Locate each line below that includes "text" and reproduce it.

*** Begin section ***

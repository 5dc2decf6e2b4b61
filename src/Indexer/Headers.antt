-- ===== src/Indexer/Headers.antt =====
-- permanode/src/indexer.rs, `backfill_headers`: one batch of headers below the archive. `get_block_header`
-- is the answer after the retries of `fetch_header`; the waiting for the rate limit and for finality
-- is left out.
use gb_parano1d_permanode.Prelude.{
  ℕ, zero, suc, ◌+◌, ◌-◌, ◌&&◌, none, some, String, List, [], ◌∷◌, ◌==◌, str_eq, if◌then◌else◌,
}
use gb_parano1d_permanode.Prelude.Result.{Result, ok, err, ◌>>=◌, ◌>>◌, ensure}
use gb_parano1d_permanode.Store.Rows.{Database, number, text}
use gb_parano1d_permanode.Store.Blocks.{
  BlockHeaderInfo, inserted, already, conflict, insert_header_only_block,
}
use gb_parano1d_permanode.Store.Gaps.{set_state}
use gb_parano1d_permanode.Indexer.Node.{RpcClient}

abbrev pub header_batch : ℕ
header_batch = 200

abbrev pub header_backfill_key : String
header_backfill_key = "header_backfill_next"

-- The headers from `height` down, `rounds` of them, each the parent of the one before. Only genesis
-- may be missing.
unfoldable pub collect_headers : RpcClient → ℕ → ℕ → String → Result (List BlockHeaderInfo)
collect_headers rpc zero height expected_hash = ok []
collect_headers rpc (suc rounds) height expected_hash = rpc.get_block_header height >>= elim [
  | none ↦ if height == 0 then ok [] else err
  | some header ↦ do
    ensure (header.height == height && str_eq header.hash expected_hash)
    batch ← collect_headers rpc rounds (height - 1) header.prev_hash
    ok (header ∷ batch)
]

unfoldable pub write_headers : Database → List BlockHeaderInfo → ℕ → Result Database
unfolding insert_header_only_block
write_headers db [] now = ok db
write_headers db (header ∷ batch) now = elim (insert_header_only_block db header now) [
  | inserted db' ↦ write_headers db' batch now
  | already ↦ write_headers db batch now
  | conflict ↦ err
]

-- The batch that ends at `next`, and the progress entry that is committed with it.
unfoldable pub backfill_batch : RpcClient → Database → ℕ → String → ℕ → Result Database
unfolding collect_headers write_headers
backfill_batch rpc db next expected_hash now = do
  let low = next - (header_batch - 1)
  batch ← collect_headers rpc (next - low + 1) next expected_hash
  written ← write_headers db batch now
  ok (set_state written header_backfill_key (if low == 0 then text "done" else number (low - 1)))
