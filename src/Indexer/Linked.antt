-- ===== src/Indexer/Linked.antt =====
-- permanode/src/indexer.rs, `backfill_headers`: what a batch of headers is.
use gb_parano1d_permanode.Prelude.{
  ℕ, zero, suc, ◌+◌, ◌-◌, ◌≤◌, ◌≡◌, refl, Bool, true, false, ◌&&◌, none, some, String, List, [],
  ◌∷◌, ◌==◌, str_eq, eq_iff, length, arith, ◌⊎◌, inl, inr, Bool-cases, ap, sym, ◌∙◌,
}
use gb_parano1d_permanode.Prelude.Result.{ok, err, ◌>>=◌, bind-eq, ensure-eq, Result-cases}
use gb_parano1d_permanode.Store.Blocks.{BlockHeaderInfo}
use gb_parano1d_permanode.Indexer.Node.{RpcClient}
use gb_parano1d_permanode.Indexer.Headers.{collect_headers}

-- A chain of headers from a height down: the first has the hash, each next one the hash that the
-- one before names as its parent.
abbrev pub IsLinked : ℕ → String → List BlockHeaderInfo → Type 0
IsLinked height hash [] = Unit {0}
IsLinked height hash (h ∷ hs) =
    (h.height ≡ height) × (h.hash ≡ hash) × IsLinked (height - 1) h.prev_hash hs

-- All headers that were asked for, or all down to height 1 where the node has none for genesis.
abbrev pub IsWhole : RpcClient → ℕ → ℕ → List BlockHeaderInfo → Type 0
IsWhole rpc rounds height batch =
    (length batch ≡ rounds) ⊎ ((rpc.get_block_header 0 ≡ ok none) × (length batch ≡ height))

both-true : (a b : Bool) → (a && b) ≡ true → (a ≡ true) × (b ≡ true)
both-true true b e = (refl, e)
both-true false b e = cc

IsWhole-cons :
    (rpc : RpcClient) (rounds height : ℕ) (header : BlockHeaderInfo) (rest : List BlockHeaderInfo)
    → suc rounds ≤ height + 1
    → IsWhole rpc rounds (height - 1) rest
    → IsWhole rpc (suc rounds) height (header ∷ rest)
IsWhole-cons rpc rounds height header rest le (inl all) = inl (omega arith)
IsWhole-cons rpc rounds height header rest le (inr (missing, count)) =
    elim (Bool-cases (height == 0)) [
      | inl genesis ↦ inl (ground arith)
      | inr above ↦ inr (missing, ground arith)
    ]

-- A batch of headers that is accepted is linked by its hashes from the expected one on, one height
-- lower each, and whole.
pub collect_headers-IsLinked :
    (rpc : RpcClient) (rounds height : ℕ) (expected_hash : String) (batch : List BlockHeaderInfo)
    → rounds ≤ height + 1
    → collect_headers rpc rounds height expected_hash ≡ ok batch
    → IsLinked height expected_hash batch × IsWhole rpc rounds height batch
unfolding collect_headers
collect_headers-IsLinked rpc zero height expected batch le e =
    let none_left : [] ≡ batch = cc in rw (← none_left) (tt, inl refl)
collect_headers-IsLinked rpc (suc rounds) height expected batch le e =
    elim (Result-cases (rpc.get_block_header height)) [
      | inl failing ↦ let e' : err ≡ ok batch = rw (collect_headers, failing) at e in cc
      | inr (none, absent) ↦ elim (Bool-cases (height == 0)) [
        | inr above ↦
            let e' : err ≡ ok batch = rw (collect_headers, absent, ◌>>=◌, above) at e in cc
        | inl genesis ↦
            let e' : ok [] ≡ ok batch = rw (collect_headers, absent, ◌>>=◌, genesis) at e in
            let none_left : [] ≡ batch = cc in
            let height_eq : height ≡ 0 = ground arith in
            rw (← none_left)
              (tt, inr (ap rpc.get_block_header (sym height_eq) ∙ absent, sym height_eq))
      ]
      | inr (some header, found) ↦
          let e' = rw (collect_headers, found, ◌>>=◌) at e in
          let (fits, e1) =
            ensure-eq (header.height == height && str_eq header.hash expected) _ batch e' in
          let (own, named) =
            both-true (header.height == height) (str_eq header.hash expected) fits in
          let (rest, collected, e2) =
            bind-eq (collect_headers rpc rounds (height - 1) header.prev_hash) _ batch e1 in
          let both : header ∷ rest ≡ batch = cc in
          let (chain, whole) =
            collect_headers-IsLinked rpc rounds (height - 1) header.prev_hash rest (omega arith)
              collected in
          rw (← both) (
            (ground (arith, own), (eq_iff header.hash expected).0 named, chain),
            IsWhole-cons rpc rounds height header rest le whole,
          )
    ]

*** End section ***

## Solution below
use gb_parano1d_permanode.Store.Rows.{Database, number, text}
  ok (set_state written header_backfill_key (if low == 0 then text "done" else number (low - 1)))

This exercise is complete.